** Opening INPUT DATA block **
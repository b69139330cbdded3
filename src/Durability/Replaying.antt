-- ===== src/Durability/Replaying.antt =====
-- The steps of the update of NVM: from the decision that the epoch is durable, log by log, to the end
-- of the round.
use escort.Prelude.{
  ℕ, ◌<◌, ◌≡◌, refl, ◌∙◌, inl, inr, Bool, none, some, some, List, [], ◌∷◌, ◌==◌, if◌then◌else◌, All,
  ==_iff, Bool-cases, arith,
}
use escort.Address.{num_lines}
use escort.Epoch.{epoch}
use escort.Plog.{Cacheline, Memory}
use escort.RedoLog.{RedoLogs}
use escort.Snapshot
use escort.Snapshot.{nvm_addr, log_ids, IsOf, holds, Kept, stored, pending, logged}
use escort.Snapshot.Entries.{apply-at}
use escort.EpochProtocol.{change_phase}
use escort.EpochProtocol.Invariant.{Step-Inv}
use escort.EpochHeap.{Heaps}
use escort.Durability.{threads, logging, replaying, Run, with_sys}
use escort.Durability.Frame.{frame-Inv}
use escort.Durability.Parity.{curr_of-same}
use escort.Durability.Invariant.{ToReplay, Simulates}
use escort.Durability.Steps.{untouched}
use escort.Durability.Phases.{phase_at}

module _ (L : RedoLogs) (offset n : ℕ) where
  open L use {State}

  -- What a replay of one log leaves at a line.
  replayed :
      (snapshot : ℕ → Cacheline) (k l : ℕ) (logs : State) (nvm : Memory)
      → l < num_lines
      → All (IsOf snapshot) (L.contents k logs)
      → L.replay offset k logs nvm (nvm_addr offset l)
        ≡ (if holds l (L.contents k logs) then snapshot l else nvm (nvm_addr offset l))
  replayed snapshot k l logs nvm bound good =
      rw (L.replay-eq-apply offset k logs nvm)
        (apply-at snapshot offset l (L.contents k logs) nvm bound good)

  module _ (s : Run State) (h : Heaps) (v : Simulates L offset n s h) where
    module _ (e : ℕ) (now : s.phase ≡ logging []) (same : epoch e ≡ epoch s.sys.global_epoch) where
      abbrev started : Run State
      started =
          with_sys L offset n s (record s.sys { global_epoch = e })
            (replaying (log_ids (threads n)))

      all_lines :
          (p : Bool) (snapshot : ℕ → Cacheline)
          → Snapshot.Inv L offset (threads n) p snapshot s.world []
          → ToReplay L offset n snapshot (log_ids (threads n)) s.world.nvm s.world.logs
      all_lines p snapshot inv = record {
        within = λ k m. m;
        lines = λ l b. elim (inv.kept l b) [
          | stored q ↦ inl q
          | pending q ↦ absurd (omega (arith, inv.planned l q))
          | logged k m q ↦ inr (k, m, q)
        ];
      }

      -- From here on a crash leaves the epoch that ended.
      pub begin_update-Simulates :
          (ended : ℕ → Cacheline) × (h.closing ≡ some ended)
          × Simulates L offset n started (record h { closing = none; durable = ended })
      begin_update-Simulates =
          let (p, snapshot, c, all) = phase_at L offset n s h v (logging []) now in
          (
            snapshot,
            c.is_closing,
            record {
              protocol_holds = Step-Inv (change_phase e same) v.protocol_holds;
              bounded = v.bounded;
              current = v.current;
              in_phase = (
                p,
                snapshot,
                record {
                  parity = curr_of-same e s.sys.global_epoch same ∙ c.parity;
                  inv =
                      frame-Inv L offset (threads n) p s.world started.world
                        (untouched L offset n refl refl refl refl p) snapshot [] c.inv;
                  not_closing = refl;
                  passed = all;
                  lists = c.lists;
                  cover = c.cover;
                  covers = c.covers;
                  durable = λ l b. refl;
                },
                all_lines p snapshot c.inv,
              );
            },
          )

    module _ (k : ℕ) (rest : List ℕ) (now : s.phase ≡ replaying (k ∷ rest)) where
      abbrev nvm' : Memory
      nvm' = L.replay offset k s.world.logs s.world.nvm

      module _ (p : Bool) (snapshot : ℕ → Cacheline)
          (inv : Snapshot.Inv L offset (threads n) p snapshot s.world [])
          (r : ToReplay L offset n snapshot (k ∷ rest) s.world.nvm s.world.logs) where
        at :
            (l : ℕ)
            → l < num_lines
            → nvm' (nvm_addr offset l) ≡ (
                if holds l (L.contents k s.world.logs)
                then snapshot l
                else s.world.nvm (nvm_addr offset l))
        at l b =
            replayed snapshot k l s.world.logs s.world.nvm b
              (inv.entries k (r.within k (ground (arith, ==_iff k k))))

        still :
            (l : ℕ)
            → l < num_lines
            → s.world.nvm (nvm_addr offset l) ≡ snapshot l
            → nvm' (nvm_addr offset l) ≡ snapshot l
        still l b q = ground (arith, at l b, q)

        replayed-Inv :
            Snapshot.Inv L offset (threads n) p snapshot (record s.world { nvm = nvm' }) []
        replayed-Inv = record {
          valid = inv.valid;
          unwritten = inv.unwritten;
          apart = inv.apart;
          planned = inv.planned;
          entries = inv.entries;
          kept = λ l b. elim (inv.kept l b) [
            | stored q ↦ stored (still l b q)
            | pending q ↦ pending q
            | logged j m q ↦ logged j m q
          ];
        }

        rest_lines : ToReplay L offset n snapshot rest nvm' s.world.logs
        rest_lines = record {
          within = λ j m. r.within j (ground arith);
          lines = λ l b. elim (r.lines l b) [
            | inl q ↦ inl (still l b q)
            | inr (j, m, q) ↦ elim (Bool-cases (k == j)) [
              | inl here ↦ inl (at l b ∙ rw ((==_iff k j).0 here) (rw q refl))
              | inr other ↦ inr (j, ground arith, q)
            ]
          ];
        }

      pub replay_log-Simulates :
          Simulates L offset n
            (record s { world = record s.world { nvm = nvm' }; phase = replaying rest })
            h
      replay_log-Simulates =
          let (p, snapshot, u, r) = phase_at L offset n s h v (replaying (k ∷ rest)) now in
          record {
            protocol_holds = v.protocol_holds;
            bounded = v.bounded;
            current = v.current;
            in_phase = (
              p,
              snapshot,
              record {
                parity = u.parity;
                inv = replayed-Inv p snapshot u.inv r;
                not_closing = u.not_closing;
                passed = u.passed;
                lists = u.lists;
                cover = u.cover;
                covers = u.covers;
                durable = u.durable;
              },
              rest_lines p snapshot u.inv r,
            );
          }
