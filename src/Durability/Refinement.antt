-- ===== src/Durability/Refinement.antt =====
-- The running system and the heaps that it promises: what a crash leaves of the stores of a run.
use escort.Prelude.{ℕ, ◌<◌, ◌≡◌, refl, sym, ap, ◌∙◌, subst, none, some, List, [], arith}
use escort.Address.{num_lines, line_addr}
use escort.RedoLog.{RedoLogs}
use escort.Epoch.{epoch}
use escort.Snapshot.{nvm_addr, log_ids}
use escort.Snapshot.Update.{update_stores}
use escort.Checkpoint.{nvm_heap_update_unit}
use escort.Plog.{Cacheline, Memory}
use escort.World.{World}
use escort.EpochProtocol.Invariant.{Inv, idle-Inv}
use escort.EpochHeap.{Store, heap_after, Heaps}
use escort.Durability.{
  Run, Step, Reach, IsInitial, start, later, protocol, begin_mark, mark_next, end_mark, write,
  advance, begin_log, visit, clear, begin_update, replay_log, begin_clear, clear_log, end_round,
  resting, waiting, logging, replaying, clearing, Phase, threads,
}
use escort.Durability.Invariant.{cur, Simulates, InPhase}
use escort.Durability.Writes.{write-Simulates}
use escort.Durability.MarkSteps.{mark_next-Simulates}
use escort.Durability.Steps.{protocol-Simulates, begin_mark-Simulates, end_mark-Simulates}
use escort.Durability.Phases.{
  advance-Simulates, begin_log-Simulates, visit-Simulates, clear-Simulates,
}
use escort.Durability.Replaying.{begin_update-Simulates, replay_log-Simulates}
use escort.Durability.History.{
  durable_stores, heap_of, stores_step, stores_of, first_heap, Recorded, advance-Recorded,
  begin_update-Recorded, rephased-Recorded, write-Recorded,
}
use escort.Durability.Clearing.{begin_clear-Simulates, clear_log-Simulates, end_round-Simulates}

module _ (L : RedoLogs) (offset n : ℕ) where
  open L use {State}

  init-Simulates :
      (s : Run State)
      → IsInitial L offset n s
      → Simulates L offset n s (record {
        current = heap_of L offset n s;
        closing = none;
        durable = heap_of L offset n s;
      })
  init-Simulates s v = record {
    protocol_holds =
        subst (Inv n) (sym v.protocol_starts) (idle-Inv n s.sys.global_epoch v.epoch_started);
    bounded = λ i f m d g q. absurd (ground (arith, v.all_free i));
    current = λ l b. refl;
    in_phase = subst (InPhase L offset n s _) (sym v.rests) (record {
      todo = [];
      boundary = record {
        valid = v.logs_valid;
        idle = λ l. v.unmarked _ l;
        empty = λ k m. v.logs_empty k;
        clean = λ l b c. v.heaps_agree l b;
        planned = λ l b. absurd (ground (arith, v.unmarked (cur s.sys) l));
      };
      durable = v.heaps_agree;
      not_closing = refl;
      passed = λ i b. ap (λ t. t.passed i) v.protocol_starts;
      lists = λ l b. absurd (ground (arith, v.unmarked (cur s.sys) l));
    });
  }

  -- A state after the stores `ws` to the heap `first`.
  abbrev pub Promised : (ℕ → Cacheline) → List Store → Run State → Type 0
  Promised first ws s =
      (h : Heaps) × Recorded first ws (epoch s.sys.global_epoch) s.phase h
      × Simulates L offset n s h

  module _ (first : ℕ → Cacheline) (ws : List Store) where
    -- A step between two phases of which a crash leaves the same epochs.
    rephased :
        (s : Run State) {t : Run State} (h : Heaps)
        → epoch t.sys.global_epoch ≡ epoch s.sys.global_epoch
        → durable_stores t.phase (epoch s.sys.global_epoch) ws
          ≡ durable_stores s.phase (epoch s.sys.global_epoch) ws
        → Recorded first ws (epoch s.sys.global_epoch) s.phase h
        → Simulates L offset n t h
        → Promised first ws t
    rephased s {t} h same bound r u = (
      h,
      rephased-Recorded first ws (epoch s.sys.global_epoch) h (epoch t.sys.global_epoch) s.phase
          t.phase same bound r,
      u,
    )

    Step-Promised :
        {s t : Run State} (st : Step L offset n s t)
        → Promised first ws s
        → Promised first (stores_step L offset n st ws) t
    Step-Promised {s} (protocol {t} st same stays) (h, r, v) =
        rephased s h (ap epoch same) refl r (protocol-Simulates L offset n s h v t st same stays)
    Step-Promised {s} (begin_mark i e first m b here idle fits) (h, r, v) =
        (h, r, begin_mark-Simulates L offset n s h v i first m idle fits)
    Step-Promised {s} (mark_next {w} i e first m done flag has_set b here act more ordered eq)
          (h, r, v) =
        (
          h,
          r,
          mark_next-Simulates L offset n s h v i e b here first m done flag has_set w act more
              ordered eq,
        )
    Step-Promised {s} (end_mark i e first m flag b here act) (h, r, v) =
        (h, r, end_mark-Simulates L offset n s h v i e first m flag b here act)
    Step-Promised {s} (write i e l val b here bound marked ordered) (h, r, v) =
        let (h', wrote, now, u) =
          write-Simulates L offset n s l val bound h v i e b here marked ordered in
        (h', write-Recorded L offset n s l val bound first ws e s.phase h h' wrote now r, u)
    Step-Promised {s} (advance {t} now st rises) (h, r, v) = (
      record h { closing = some h.current },
      subst (λ g. Recorded first ws g waiting (record h { closing = some h.current })) (sym rises)
          (advance-Recorded first ws (epoch s.sys.global_epoch) h
            (subst (λ ph. Recorded first ws (epoch s.sys.global_epoch) ph h) now r)),
      advance-Simulates L offset n s h v t now st rises,
    )
    Step-Promised {s} (begin_log e now all same) (h, r, v) =
        rephased s h same (ap (λ ph. durable_stores ph (epoch s.sys.global_epoch) ws) (sym now)) r
          (begin_log-Simulates L offset n s h v e all same now)
    Step-Promised {s} (visit {w} {rest} l now bound eq) (h, r, v) =
        rephased s h refl (ap (λ ph. durable_stores ph (epoch s.sys.global_epoch) ws) (sym now)) r
          (visit-Simulates L offset n s h v rest w l now bound eq)
    Step-Promised {s} (clear {rest} i now) (h, r, v) =
        rephased s h refl (ap (λ ph. durable_stores ph (epoch s.sys.global_epoch) ws) (sym now)) r
          (clear-Simulates L offset n s h v rest i now)
    Step-Promised {s} (begin_update e now same) (h, r, v) =
        let (ended, q, u) = begin_update-Simulates L offset n s h v e now same in
        (
          record h { closing = none; durable = ended },
          subst
              (λ g.
                Recorded first ws g (replaying (log_ids (threads n)))
                  (record h { closing = none; durable = ended }))
              (sym same)
              (begin_update-Recorded first ws (epoch s.sys.global_epoch) h ended []
                (log_ids (threads n)) q
                (subst (λ ph. Recorded first ws (epoch s.sys.global_epoch) ph h) now r)),
          u,
        )
    Step-Promised {s} (replay_log {rest} k now) (h, r, v) =
        rephased s h refl (ap (λ ph. durable_stores ph (epoch s.sys.global_epoch) ws) (sym now)) r
          (replay_log-Simulates L offset n s h v k rest now)
    Step-Promised {s} (begin_clear now) (h, r, v) =
        rephased s h refl (ap (λ ph. durable_stores ph (epoch s.sys.global_epoch) ws) (sym now)) r
          (begin_clear-Simulates L offset n s h v now)
    Step-Promised {s} (clear_log {rest} k now) (h, r, v) =
        rephased s h refl (ap (λ ph. durable_stores ph (epoch s.sys.global_epoch) ws) (sym now)) r
          (clear_log-Simulates L offset n s h v k rest now)
    Step-Promised {s} (end_round now) (h, r, v) =
        rephased s h refl (ap (λ ph. durable_stores ph (epoch s.sys.global_epoch) ws) (sym now)) r
          (end_round-Simulates L offset n s h v now)

  Reach-Promised :
      {s : Run State} (r : Reach L offset n s)
      → Promised (first_heap L offset n r) (stores_of L offset n r) s
  Reach-Promised (start {s} v) = (
    record { current = heap_of L offset n s; closing = none; durable = heap_of L offset n s },
    record {
      recent = tt;
      current = λ l. refl;
      closing = λ ended q. cc;
      durable = λ l.
          ap
            (λ ph.
              heap_after (heap_of L offset n s) (durable_stores ph (epoch s.sys.global_epoch) []) l)
            (sym v.rests);
    },
    init-Simulates s v,
  )
  Reach-Promised (later r st) =
      Step-Promised (first_heap L offset n r) (stores_of L offset n r) st (Reach-Promised r)

  -- What has to be in NVM after a crash in state `s`: where the update of NVM had begun, what it leaves
  -- when it is begun again, and NVM as it is in all other phases.
  abbrev pub recovered_in : World State → Phase → Memory
  recovered_in w resting = w.nvm
  recovered_in w waiting = w.nvm
  recovered_in w (logging ts) = w.nvm
  recovered_in w (replaying ids) = (nvm_heap_update_unit L offset (threads n) w).nvm
  recovered_in w (clearing ids) = (nvm_heap_update_unit L offset (threads n) w).nvm

  abbrev pub recovered : Run State → Memory
  recovered s = recovered_in s.world s.phase

  recovered-durable :
      (s : Run State) (h : Heaps) (ph : Phase)
      → InPhase L offset n s h ph
      → (l : ℕ) → l < num_lines
      → recovered_in s.world ph (nvm_addr offset l) ≡ h.durable l
  recovered-durable s h resting o l b = o.durable l b
  recovered-durable s h waiting (p, snapshot, todo, w) l b = w.closing.durable l b
  recovered-durable s h (logging ts) (p, snapshot, c, all) l b = c.durable l b
  recovered-durable s h (replaying ids) (p, snapshot, u, r) l b =
      update_stores L offset snapshot l b (threads n) p s.world u.inv ∙ u.durable l b
  recovered-durable s h (clearing ids) (p, snapshot, u, r) l b =
      update_stores L offset snapshot l b (threads n) p s.world u.inv ∙ u.durable l b

  -- For every run of a system of n threads, in whatever order they take their steps, as long as programs
  -- see to it that an operation of the epoch that ends uses no line that the next one has marked: DRAM is,
  -- line by line, the heap that the run has started from after all stores of the run, in their order. What
  -- a crash leaves, NVM as it is or, where the update of NVM has begun, what the update leaves when it is
  -- begun again, is that heap after exactly the stores by operations of epochs before that of the
  -- global word, and of one epoch less in the wait and while lines are logged.
  pub system_refines :
      (s : Run State) (r : Reach L offset n s) (l : ℕ)
      → l < num_lines
      → (s.world.dram (line_addr l)
          ≡ heap_after (first_heap L offset n r) (stores_of L offset n r) l)
        × (recovered s (nvm_addr offset l)
            ≡ heap_after
                (first_heap L offset n r)
                (durable_stores s.phase (epoch s.sys.global_epoch) (stores_of L offset n r))
                l)
  system_refines s r l b =
      let (h, p, v) = Reach-Promised r in
      (
        sym (v.current l b) ∙ p.current l,
        recovered-durable s h s.phase v.in_phase l b ∙ p.durable l,
      )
** Closing INPUT DATA block **
_EXERCISE GOAL_:
The lines holding the word "elim" are the answer. Pull them out of the records and copy them.

_SOLVED PROBLEM_:
        lines = λ l b. elim (inv.kept l b) [
          kept = λ l b. elim (inv.kept l b) [
          lines = λ l b. elim (r.lines l b) [
            | inr (j, m, q) ↦ elim (Bool-cases (k == j)) [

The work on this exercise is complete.